══ DATASET EXCERPTS
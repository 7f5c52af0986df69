-- ===== src/Pooled/Represents.antt =====
-- When the book of src/pooled_order_book.hpp and that of src/order_book.hpp hold the same orders.
use orda_book.Prelude.{ℕ, ◌+◌, ◌≡◌, refl, List, [], length, map, arith}
use orda_book.Types.{Side, bid, ask, Trade}
use orda_book.Engine.{opposite}
use orda_book.OrderBook.State
use orda_book.OrderBook.State.{OrderBook}
use orda_book.OrderBook.Matching
use orda_book.Pooled.State.{SlotIndex, PooledOrderBook, side_levels}
use orda_book.Pooled.Matching.{Matching}
use orda_book.Pooled.Linked.{LinkedLevel, pooled_level, base_level}
use orda_book.Pooled.Matching.Tracks.{Agree}
use orda_book.Pooled.Matching.Walk.{AllHold, Across, Across-sym, cells_of}

-- The state with which the loops of the two engines start.
abbrev pub matching_of : ℕ → List Trade → PooledOrderBook → Matching
matching_of qty trades book = record {
  incoming_qty = qty;
  pool = book.pool;
  order_index = book.order_index;
  stats = book.stats;
  trades = trades;
}

abbrev pub base_matching_of : ℕ → List Trade → OrderBook → Matching.Matching
base_matching_of qty trades book = record {
  incoming_qty = qty;
  order_index = book.order_index;
  stats = book.stats;
  trades = trades;
}

-- Seen from a side. The two books have the same levels with the same orders in the same order, the
-- keys of the indexes are the same, each order of the pooled book is in a slot of its own that the
-- index gives, and the free slots are a chain of slots that are not in use.
pub record Represents (side : Side) (p : PooledOrderBook) (b : OrderBook) : Type 0 where
  pub own : List LinkedLevel
  pub other : List LinkedLevel
  pub frees : List SlotIndex
  pub own_pooled : side_levels side p ≡ map pooled_level own
  pub other_pooled : side_levels (opposite side) p ≡ map pooled_level other
  pub own_base : State.side_levels side b ≡ map base_level own
  pub other_base : State.side_levels (opposite side) b ≡ map base_level other
  pub agree : Agree (matching_of 0 [] p) (base_matching_of 0 [] b) frees
  pub own_hold : AllHold (matching_of 0 [] p) own
  pub other_hold : AllHold (matching_of 0 [] p) other
  pub across : Across (cells_of own) (cells_of other)

-- The slots of the pool, free or in use.
abbrev pub slot_count :
    {side : Side} {p : PooledOrderBook} {b : OrderBook} → Represents side p b → ℕ
slot_count r = length r.frees + length (cells_of r.own) + length (cells_of r.other)

turned :
    (side : Side) (p : PooledOrderBook) (b : OrderBook)
    → opposite (opposite side) ≡ side
    → Represents side p b
    → Represents (opposite side) p b
turned side p b e r = record {
  own = r.other;
  other = r.own;
  frees = r.frees;
  own_pooled = r.other_pooled;
  other_pooled = rw e r.own_pooled;
  own_base = r.other_base;
  other_base = rw e r.own_base;
  agree = r.agree;
  own_hold = r.other_hold;
  other_hold = r.own_hold;
  across = Across-sym (cells_of r.own) (cells_of r.other) r.across;
}

-- The side does not matter.
pub turn : (s t : Side) (p : PooledOrderBook) (b : OrderBook) → Represents s p b → Represents t p b
turn bid bid p b r = r
turn bid ask p b r = turned bid p b refl r
turn ask bid p b r = turned ask p b refl r
turn ask ask p b r = r

pub turn-slot_count :
    (s t : Side) (p : PooledOrderBook) (b : OrderBook) (r : Represents s p b)
    → slot_count (turn s t p b r) ≡ slot_count r
unfolding turn turned
turn-slot_count bid bid p b r = refl
turn-slot_count bid ask p b r = omega arith
turn-slot_count ask bid p b r = omega arith
turn-slot_count ask ask p b r = refl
════
== PROBLEM ==
Pull every line containing "Represents" from the entries above and copy it.

== SOLUTION ==
-- ===== src/Pooled/Represents.antt =====
pub record Represents (side : Side) (p : PooledOrderBook) (b : OrderBook) : Type 0 where
    {side : Side} {p : PooledOrderBook} {b : OrderBook} → Represents side p b → ℕ
    → Represents side p b
    → Represents (opposite side) p b
pub turn : (s t : Side) (p : PooledOrderBook) (b : OrderBook) → Represents s p b → Represents t p b
    (s t : Side) (p : PooledOrderBook) (b : OrderBook) (r : Represents s p b)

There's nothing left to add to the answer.